The Arjun Tree
Annie Besant Jon
Meera was a bubbly ten-year old who loved to spend summers climbing trees looking for birds’ nests and trying to befriend squirrels. Her favourite tree was the Arjun tree at the corner of her street.
One afternoon, as she was having lunch, her mother said, “Meera, I think you should say goodbye to your tree friend today.”
Meera stopped, her hand halfway to her mouth. Seeing her puzzled expression, her mother continued, “I heard that a few trees on our street corner are due to be cut down today.”
“Why?” Meera cried out. She felt as if the tree was part of her life.
“There’s a supermarket coming up and the builders feel the trees will block their store from being seen by everyone.”
“But my favourite tree grows there!” cried Meera. “How can they cut down trees like that? They have life too! They breathe and sleep just like we do!”

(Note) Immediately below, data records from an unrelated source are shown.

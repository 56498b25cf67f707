-- ===== src/Numbers/Tests.antt =====
-- Texts of numbers, and numbers of texts.
use bitloader.Prelude.{List, [], arith, refl, ℕ, ◌-◌, ◌^◌, ◌∷◌, ◌≡◌}
use bitloader.Prelude.Int.{negsuc, pos}
use bitloader.Prelude.Run.{returns}
use bitloader.Strings.{isdigit}
use bitloader.Numbers.{atoi, atoi_loop, digit_loop, int_to_str, itoa, minus_digit_loop}
use bitloader.Numbers.Room.{InRoom, itoa-InRoom}
use bitloader.Numbers.RoundTrip.{itoa-atoi}

itoa-atoi_example : (text : List ℕ) × (itoa (negsuc 41) 10 ≡ returns text) × (atoi text ≡ negsuc 41)
itoa-atoi_example = itoa-atoi (negsuc 41) (omega arith) (omega arith)

itoa-InRoom_example : InRoom 33 (itoa (negsuc 41) 2)
itoa-InRoom_example = itoa-InRoom (negsuc 41) 2 (omega arith) (omega arith) (omega arith)

minus_42 : itoa (negsuc 41) 10 ≡ returns (b'-' ∷ b'4' ∷ b'2' ∷ [])
unfolding itoa digit_loop
minus_42 = refl

-- `result` is ten times too large before the last division: 300000000 does not fit.
too_large :
    atoi (b'3' ∷ b'0' ∷ b'0' ∷ b'0' ∷ b'0' ∷ b'0' ∷ b'0' ∷ b'0' ∷ b'0' ∷ []) ≡ negsuc 129496728
unfolding atoi atoi_loop isdigit
too_large = refl

-- Characters that are no digits do not end the number.
skips_letters : atoi (b'1' ∷ b'x' ∷ b'2' ∷ []) ≡ pos 12
unfolding atoi atoi_loop isdigit
skips_letters = refl

-- The least `int` is written with characters below '0', the remainders of a negative number.
least_int :
    int_to_str (negsuc (2 ^ 31 - 1)) 10
    ≡ returns (b'-' ∷ 46 ∷ 47 ∷ 44 ∷ 41 ∷ 44 ∷ 40 ∷ 45 ∷ 42 ∷ 44 ∷ 40 ∷ [])
unfolding int_to_str minus_digit_loop
least_int = refl
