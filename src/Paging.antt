-- ===== src/Paging.antt =====
-- kernel/pager.c: page tables, and the list of the free blocks of physical memory. A table lies on
-- a page, so a pointer to one is the number of its page, as the entries keep it.
mod Bits
pub mod Search
pub mod Blocks
pub mod Fill
pub mod NewPage
pub mod Apart
pub mod Maps
pub mod Remove
pub mod Gap
pub mod Walk
pub mod FreePage
mod Tests
use bitloader.Prelude.{
  Bool, Option, bit_or, if◌then◌else◌, ltb, none, not, some, suc, zero, ℕ, ◌%◌, ◌&&◌, ◌*◌, ◌+◌, ◌-◌,
  ◌/◌, ◌==◌, ◌^◌,
}
use bitloader.Prelude.Run.{Run, fault, out_of_fuel, returns, ◌>>=◌}
use bitloader.Prelude.Words.{add32, sub32}

abbrev pub table_entries_length : ℕ
table_entries_length = 1024

abbrev pub page_size : ℕ
page_size = 4096

abbrev pub pager_error : ℕ
pager_error = 0xffff_ffff

abbrev pub page_present : ℕ
page_present = 1

abbrev pub page_writeable : ℕ
page_writeable = 2

abbrev pub page_write_through : ℕ
page_write_through = 8

-- `PDEEntry` and `PTEEntry` are laid out alike: the 12 low bits are the flags, and the 20 high bits
-- are the page of a page table or of memory.
pub record Entry : Type 0 where
  pub flags : ℕ
  pub address : ℕ

-- The entries of the table on each page.
abbrev pub Tables : Type 0
Tables = ℕ → ℕ → Entry

pub record FreeMemoryBlock : Type 0 where
  pub start : ℕ
  pub end : ℕ
  pub next : ℕ
  pub prev : ℕ

-- The free memory blocks by their addresses. 0 is NULL, and memory too.
abbrev pub FreeBlocks : Type 0
FreeBlocks = ℕ → FreeMemoryBlock

-- `page_tables_end` as a page, `first_pager_block`, and the memory that they point to.
pub record Pager : Type 0 where
  pub tables : Tables
  pub page_tables_end : ℕ
  pub blocks : FreeBlocks
  pub first_pager_block : ℕ

abbrev pub present : Entry → Bool
present e = e.flags % 2 == 1

abbrev pub empty_entry : Entry
empty_entry = record { flags = 0; address = 0 }

abbrev pub set_entry : ℕ → ℕ → Entry → Tables → Tables
set_entry t i e tables u j = if u == t && j == i then e else tables u j

abbrev pub pde_index : ℕ → ℕ
pde_index virtual_address = virtual_address / 2 ^ 22 % 1024

abbrev pub pte_index : ℕ → ℕ
pte_index virtual_address = virtual_address / 2 ^ 12 % 1024

unfoldable pub virt_to_phys : Tables → ℕ → ℕ → ℕ
virt_to_phys tables virtual_address table =
    let pde = tables table (pde_index virtual_address) in
    let pte = tables pde.address (pte_index virtual_address) in
    if not (present pde)
    then pager_error
    else if not (present pte)
    then pager_error
    else pte.address * 2 ^ 12 + virtual_address % 2 ^ 12

-- The first of the `left` entries from `j` on that is not present.
unfoldable pub free_entry : (ℕ → Entry) → ℕ → ℕ → Option ℕ
free_entry entries zero j = none
free_entry entries (suc left) j =
    let rest = free_entry entries left (j + 1) in if not (present (entries j)) then some j else rest

-- The outer loop, with `left` entries of the table left from `i` on.
unfoldable pub free_index_loop : Tables → ℕ → ℕ → ℕ → ℕ
free_index_loop tables table zero i = pager_error
free_index_loop tables table (suc left) i =
    let rest = free_index_loop tables table left (i + 1) in
    let sub_table = tables (tables table i).address in
    if not (present (tables table i))
    then i * table_entries_length
    else elim (free_entry sub_table table_entries_length 0) [
      | none ↦ rest
      | some j ↦ j + i * table_entries_length
    ]

unfoldable pub get_free_page_index : Tables → ℕ → ℕ
get_free_page_index tables table = free_index_loop tables table table_entries_length 0

-- The new table's page, and the pager after it.
unfoldable pub alloc_table : Pager → ℕ × Pager
alloc_table s = (s.page_tables_end, record s { page_tables_end = (s.page_tables_end + 1) % 2 ^ 20 })

-- `none` is PAGER_ERROR, where the table is at NULL.
unfoldable pub create_new_table : Pager → Option (ℕ × Pager)
unfolding alloc_table
create_new_table s =
    let (new_table, s1) = alloc_table s in
    let cleared : Tables = λ u j. if u == new_table then empty_entry else s1.tables u j in
    if new_table == 0 then none else some (new_table, record s1 { tables = cleared })

-- `memcpy` of the first entries.
pub soft_copy_table : ℕ → ℕ → Pager → Option (ℕ × Pager)
soft_copy_table table number_of_entries s = elim (create_new_table s) [
  | none ↦ none
  | some (new_table, s1) ↦
      let copied : Tables = λ u j.
        if u == new_table && ltb j number_of_entries then s1.tables table j else s1.tables u j in
      some (new_table, record s1 { tables = copied })
]

abbrev pub store_block : ℕ → FreeMemoryBlock → FreeBlocks → FreeBlocks
store_block p b blocks q = if q == p then b else blocks q

-- The range `start` to `end` goes out of the block: with all of it, at its start, at its end, or
-- from its middle, where a new block takes the rest.
unfoldable pub remove_all : (entry : ℕ) → Pager → Pager
remove_all entry s =
    let first = (s.blocks entry).next in
    let b = record (s.blocks first) { prev = 0 } in
    record s { blocks = store_block first b s.blocks; first_pager_block = first }

unfoldable pub remove_start : (entry end : ℕ) → Pager → Pager
remove_start entry end s =
    let b = record (s.blocks entry) { start = add32 end 1 } in
    record s { blocks = store_block entry b s.blocks }

unfoldable pub remove_end : (entry start : ℕ) → Pager → Pager
remove_end entry start s =
    let b = record (s.blocks entry) { end = sub32 start 1 } in
    record s { blocks = store_block entry b s.blocks }

unfoldable pub remove_inner : (new entry start end : ℕ) → Pager → Pager
remove_inner new entry start end s =
    let e = s.blocks entry in
    let rest : FreeMemoryBlock = record {
      start = add32 end 1;
      end = e.end;
      next = e.next;
      prev = entry;
    } in
    let b = record e { end = sub32 start 1; next = new } in
    record s { blocks = store_block entry b (store_block new rest s.blocks) }

-- `new` is the address that `malloc` gives; where it is NULL, the kernel exits.
unfoldable pub pager_remove : (new entry start end : ℕ) → Pager → Run Pager
pager_remove new entry start end s =
    let e = s.blocks entry in
    if start == e.start && end == e.end
    then returns (remove_all entry s)
    else if start == e.start
    then returns (remove_start entry end s)
    else if end == e.end
    then returns (remove_end entry start s)
    else if new == 0
    then fault
    else returns (remove_inner new entry start end s)

-- The loop of `pager_fill`, which no NULL ends.
unfoldable pub fill_place : ℕ → FreeBlocks → ℕ → ℕ → Run ℕ
fill_place zero blocks start entry = out_of_fuel
fill_place (suc fuel) blocks start entry =
    let rest = fill_place fuel blocks start (blocks entry).next in
    if ltb (blocks entry).start start then rest else returns entry

-- The new block between `before` and `after`.
unfoldable pub fill_between : (new before after start end : ℕ) → Pager → Pager
fill_between new before after start end s =
    let b0 =
      store_block new (record { start = start; end = end; next = after; prev = before }) s.blocks in
    let b1 =
      if before == 0 then b0 else store_block before (record (b0 before) { next = new }) b0 in
    let b2 = if after == 0 then b1 else store_block after (record (b1 after) { prev = new }) b1 in
    record s {
      blocks = b2;
      first_pager_block = if after == s.first_pager_block then new else s.first_pager_block;
    }

unfoldable pub fill_at : (new entry start end : ℕ) → Pager → Run Pager
fill_at new entry start end s =
    let before = (s.blocks entry).prev in
    let b = s.blocks before in
    let a = s.blocks entry in
    if add32 b.end 1 == start && not (before == 0)
    then returns (record s { blocks = store_block before (record b { end = end }) s.blocks })
    else if sub32 a.start 1 == end && not (entry == 0)
    then returns (record s { blocks = store_block entry (record a { start = start }) s.blocks })
    else if new == 0
    then fault
    else returns (fill_between new before entry start end s)

pub pager_fill : (fuel new start end : ℕ) → Pager → Run Pager
unfolding fill_place fill_at
pager_fill fuel new start end s =
    fill_place fuel s.blocks start s.first_pager_block >>= λ entry. fill_at new entry start end s

-- The free memory is one block, at the address that `malloc` gives.
pub init_pager : ℕ → Pager → Run Pager
init_pager new s =
    let all : FreeMemoryBlock = record { start = 0; end = 0xffff_ffff; next = 0; prev = 0 } in
    if new == 0
    then fault
    else returns (record s { blocks = store_block new all s.blocks; first_pager_block = new })

-- Rounded up to a page.
abbrev pub align_page : ℕ → ℕ
align_page a = add32 a (page_size - 1) / page_size * page_size

-- The first free page, or the one asked for, is removed from the first free block.
unfoldable pub take_page : (new physical_address : ℕ) → Pager → Run (ℕ × Pager)
unfolding pager_remove
take_page new physical_address s =
    let entry = s.first_pager_block in
    let page =
      if physical_address == pager_error
      then (s.blocks entry).start
      else align_page physical_address in
    pager_remove new entry page (add32 page (page_size - 1)) s >>= λ s1. returns (page, s1)

abbrev pub enable : ℕ → ℕ → ℕ
enable old flags =
    bit_or (bit_or old (page_present + page_writeable + page_write_through)) (flags % page_size)

-- The page table of the entry `i` of the directory on the page `t`, made where it is not present.
unfoldable pub page_table : (t i flags : ℕ) → Pager → Run (ℕ × Pager)
unfolding create_new_table
page_table t i flags s =
    if present (s.tables t i)
    then returns ((s.tables t i).address, s)
    else elim (create_new_table s) [
      | none ↦ fault
      | some (pte_table, s1) ↦
          let made : Entry = record {
            flags = enable (s1.tables t i).flags flags;
            address = pte_table;
          } in
          returns (pte_table, record s1 { tables = set_entry t i made s1.tables })
    ]

-- The flags are put in after the address: those past the 12 bits change it.
abbrev pub page_entry : (old physical_address flags : ℕ) → Entry
page_entry old physical_address flags = record {
  flags = enable old flags;
  address = bit_or (physical_address / page_size) (flags / page_size);
}

-- The entry of the page `index` is put in the page table that `made` gives.
abbrev pub put_page : (index physical_address flags : ℕ) → ℕ × Pager → Run (ℕ × Pager)
put_page index physical_address flags made =
    let i = index / table_entries_length in
    let j = index % table_entries_length in
    let s1 = made.1 in
    let e = page_entry (s1.tables made.0 j).flags physical_address flags in
    returns (
      bit_or (i * 2 ^ 22 % 2 ^ 32) (j * 2 ^ 12),
      record s1 { tables = set_entry made.0 j e s1.tables },
    )

-- An index past the directory is an entry of a later page.
unfoldable pub map_page : (physical_address pde_table flags : ℕ) → Pager → Run (ℕ × Pager)
map_page physical_address pde_table flags s =
    let index = get_free_page_index s.tables pde_table in
    let i = index / table_entries_length in
    page_table ((pde_table + i / table_entries_length) % 2 ^ 20) (i % table_entries_length) flags s
    >>= put_page index physical_address flags

pub new_page : (new physical_address pde_table flags : ℕ) → Pager → Run (ℕ × Pager)
unfolding take_page map_page
new_page new physical_address pde_table flags s =
    take_page new physical_address s >>= λ taken. map_page taken.0 pde_table flags taken.1

abbrev pub cleared : Entry → Entry
cleared e = record e { flags = e.flags - e.flags % 2 }

-- The page goes back to the free memory, and the entry `j` of the table `t` is not present then.
unfoldable pub unmap_entry : (fuel new t j page : ℕ) → Pager → Run Pager
unmap_entry fuel new t j page s = pager_fill fuel new page (add32 page (page_size - 1)) s >>= λ s1.
    returns (record s1 { tables = set_entry t j (cleared (s1.tables t j)) s1.tables })

-- An entry that is not present is left as it is.
unfoldable pub free_aligned : (fuel new v pde_table : ℕ) → Pager → Run Pager
free_aligned fuel new v pde_table s =
    let pde = s.tables pde_table (pde_index v) in
    let pte = s.tables pde.address (pte_index v) in
    let page = virt_to_phys s.tables v pde_table in
    if not (present pde)
    then returns s
    else if not (present pte)
    then returns s
    else unmap_entry fuel new pde.address (pte_index v) page s

pub free_page : (fuel new virtual_address pde_table : ℕ) → Pager → Run Pager
free_page fuel new virtual_address pde_table s =
    free_aligned fuel new (align_page virtual_address) pde_table s

module _ (fuel : ℕ) where
  -- `new j` is what `malloc` gives in the round `j`.
  unfoldable pub free_pages : (new : ℕ → ℕ) (table : ℕ → Entry) (left j : ℕ) → Pager → Run Pager
  free_pages new table zero j s = returns s
  free_pages new table (suc left) j s =
      let page = (table j).address * page_size in
      let filled = pager_fill fuel (new j) page (add32 page (page_size - 1)) s in
      let freed = if present (table j) then filled else returns s in
      freed >>= free_pages new table left (j + 1)

  -- The table is not freed itself.
  abbrev pub free_pte_table : (new : ℕ → ℕ) (table : ℕ) → Pager → Run Pager
  free_pte_table new table s = free_pages new (s.tables table) table_entries_length 0 s

  unfoldable pub free_tables :
      (new : ℕ → ℕ → ℕ) (table : ℕ → Entry) (left i : ℕ) → Pager → Run Pager
  free_tables new table zero i s = returns s
  free_tables new table (suc left) i s =
      let filled = free_pte_table (new i) (table i).address s in
      let freed = if present (table i) then filled else returns s in
      freed >>= free_tables new table left (i + 1)

  pub free_pde_table : (new : ℕ → ℕ → ℕ) (table : ℕ) → Pager → Run Pager
  free_pde_table new table s = free_tables new (s.tables table) table_entries_length 0 s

And before her mother could say anything, she ran out of the house.
Meera reached the Arjun tree and gently touched its smooth brown bark. Quickly, she climbed a low branch and settled on it. Her tears started falling, and she hugged the tree.
“I’m so sorry,” she whispered, “They’re going to cut you down.” Meera saw the supermarket that was ready for business across the street. She snuggled possessively against the trunk of the tree.
She counted the bird nests as she usually did. There were four, and one little bird was building a fifth.
A squirrel paused for a moment as it ran up a tree branch and chattered at her before going its way. She stayed there for a long time, then patted the tree and got off. She went home and fell into a restless sleep.
When she woke up, her mother came into the room. “I have news for you, dear.”
Meera wasn’t really interested but she waited.
“I called the secretary of our colony association,” her mother continued. “And he agrees that our trees are very valuable. He’s promised to talk to the builders and an environment organisation and ensure that no trees are cut down.”
Meera couldn’t believe her ears. A happy smile broke out on her face and she hugged her mother tight. She was grateful that she had many more years of climbing her beloved tree.
Organise a visit to your local zoological park or sanctuary for your class. It will be enjoyable, and will give the class a chance to learn about flora and fauna together. You will find plenty of trees, birds, insects and animals, not just inside cages but in the park as well.
Take along a tape recorder and record interesting birdcalls, animal and insect sounds. Once back in school, play them and see who can identify them!